I am new to python, so please forgive my novicity. I have two datasets one with 440k rows (file A) and the other with 10k rows (file B). Each file has a pair of latitudes and longitudes. I am trying to find the haversine distance between each coordinate in file A to each coordinate in file me and then save it to an output file with rows lat1, long1, lat2, long2, distance. While I checked for the existing for loop questions, I didn't quite understand the solution for avoiding nested for loop.

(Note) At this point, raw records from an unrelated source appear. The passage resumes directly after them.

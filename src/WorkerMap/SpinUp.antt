-- ===== src/WorkerMap/SpinUp.antt =====
-- `spin_up_workers`: no more workers are started than there are slots.
use func_x.Prelude.{
  ℕ, zero, suc, String, List, [], ◌∷◌, Option-cases, Bool-cases, inl, inr, length, ltb, ◌&&◌,
}
use func_x.Prelude.Int.{ℤ, pos, ◌+ℤ◌, ◌-ℤ◌, ◌≤ℤ◌, ltb_ℤ, int_laws, +ℤ_parts, one_sign}
use func_x.Prelude.Dict.{Dict, get?}
use func_x.Prelude.Decimal.{str}
use func_x.WorkerMap.{WorkerMap}
use func_x.WorkerMap.Books.{Books}
use func_x.WorkerMap.Launch.{Os, Options, add_worker, spin_up_loop, num_slots, spin_up_workers}
use func_x.WorkerMap.Attempts.{Attempt_elim, add_worker-Books, add_worker-SomeAttempt}

-- At most one slot is used by an attempt.
abbrev pub Free : ℤ → WorkerMap → Type 0
Free n m = (m.active_workers +ℤ m.pending_workers +ℤ n ≤ℤ pos m.max_worker_count)

add_worker-Free :
    (os : Os) (options : Options) (id t : String) (n : ℕ) (m : WorkerMap)
    → Books m
    → Free (pos (suc n)) m
    → Free (pos n) (add_worker os options id t m).1
add_worker-Free os options id t n m b f =
    let a = add_worker-SomeAttempt os options id t m b in
    Attempt_elim (Free (pos n)) a.attempt (omega int_laws) (omega int_laws)

loop-Books :
    (os : Os) (options : Options) (n : ℕ) (queue : List String) (ups : Dict ℕ) (m : WorkerMap)
    → Books m
    → Books (spin_up_loop os options n queue ups m).1
unfolding spin_up_loop
loop-Books os options zero queue ups m b = b
loop-Books os options (suc n) [] ups m b = loop-Books os options n [] ups m b
loop-Books os options (suc n) (t ∷ queue) ups m b =
    loop-Books os options n queue _ _ (add_worker-Books os options (str m.worker_id_counter) t m b)

loop-Free :
    (os : Os) (options : Options) (n : ℕ) (queue : List String) (ups : Dict ℕ) (m : WorkerMap)
    → Books m
    → Free (pos n) m
    → Free (pos 0) (spin_up_loop os options n queue ups m).1
unfolding spin_up_loop
loop-Free os options zero queue ups m b f = f
loop-Free os options (suc n) [] ups m b f = loop-Free os options n [] ups m b (omega int_laws)
loop-Free os options (suc n) (t ∷ queue) ups m b f =
    let id = str m.worker_id_counter in
    loop-Free os options n queue _ _ (add_worker-Books os options id t m b)
      (add_worker-Free os options id t n m b f)

-- `spin_up_workers` leaves the map alone, or runs the loop over some number of the open slots.
spin_up_elim {ℓ} :
    (P : WorkerMap → Type ℓ) (os : Os) (options : Options) (queue : List String) (m : WorkerMap)
    → P m
    → ((unused : ℤ)
        → P (spin_up_loop os options (num_slots os options queue m unused) queue [] m).1)
    → P (spin_up_workers os options queue m).1
unfolding spin_up_workers
spin_up_elim P os options queue m keep go =
    elim (Bool-cases (
      ltb 0 (length queue)
      && ltb_ℤ (m.active_workers +ℤ m.pending_workers) (pos m.max_worker_count))) [
        | inr e ↦ rw (e, spin_up_workers) keep
        | inl e ↦ elim (Option-cases (get? "unused" m.total_worker_type_counts)) [
          | inl e' ↦ rw (e, e', spin_up_workers) keep
          | inr (unused, e') ↦ rw (e, e', spin_up_workers) (go unused)
        ]
      ]

pub spin_up_workers-Books :
    (os : Os) (options : Options) (queue : List String) (m : WorkerMap)
    → Books m
    → Books (spin_up_workers os options queue m).1
spin_up_workers-Books os options queue m b =
    spin_up_elim Books os options queue m b (λ unused. loop-Books os options _ queue [] m b)

num_slots-Free :
    (os : Os) (options : Options) (queue : List String) (m : WorkerMap) (unused : ℤ)
    → Free (pos 0) m
    → Free (pos (num_slots os options queue m unused)) m
unfolding num_slots
num_slots-Free os options queue m unused f = omega (
  int_laws,
  one_sign (pos m.max_worker_count -ℤ m.active_workers -ℤ m.pending_workers),
  +ℤ_parts (m.active_workers +ℤ m.pending_workers) (pos (num_slots os options queue m unused)),
)

-- From right books whose active and pending workers are within the maximum, starting workers keeps
-- them within it, whatever the queue asks for and whichever of the launches fail.
pub spin_up_workers-le-max :
    (os : Os) (options : Options) (queue : List String) (m : WorkerMap)
    → Books m
    → m.active_workers +ℤ m.pending_workers ≤ℤ pos m.max_worker_count
    → let after = (spin_up_workers os options queue m).1 in
      after.active_workers +ℤ after.pending_workers ≤ℤ pos after.max_worker_count
spin_up_workers-le-max os options queue m b f =
    let f' : Free (pos 0) m = omega int_laws in
    let g : Free (pos 0) (spin_up_workers os options queue m).1 =
      spin_up_elim (Free (pos 0)) os options queue m f' (λ unused.
        loop-Free os options _ queue [] m b (num_slots-Free os options queue m unused f')) in
    omega int_laws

So I used the following code:
##### Opening new csv file and writing headers #####
with open("distance.csv","w+") as file:
csv_writer = writer(file)
row=['lat1', 'long1', 'lat2', 'long2', 'distance']
csv_writer.writerow(row)
#### iterate through each row and calculate the haversine distance ####
for i in range(len(df1)) :
for j in range(len(df2)):
distance = haversine(df1.loc[i, "long1"], df1.loc[i,"lat1"], df2.loc[j, "long2"], df2.loc[j,"lat2"])
with open("distance.csv","a+") as file:
csv_writer = writer(file)
row=[df1.loc[i, "long1"], df1.loc[i,"lat1"], df2.loc[j, "long2"], df2.loc[j,"lat2"], distance]
csv_writer.writerow(row)
This approach is very time-consuming. Is there a better approach?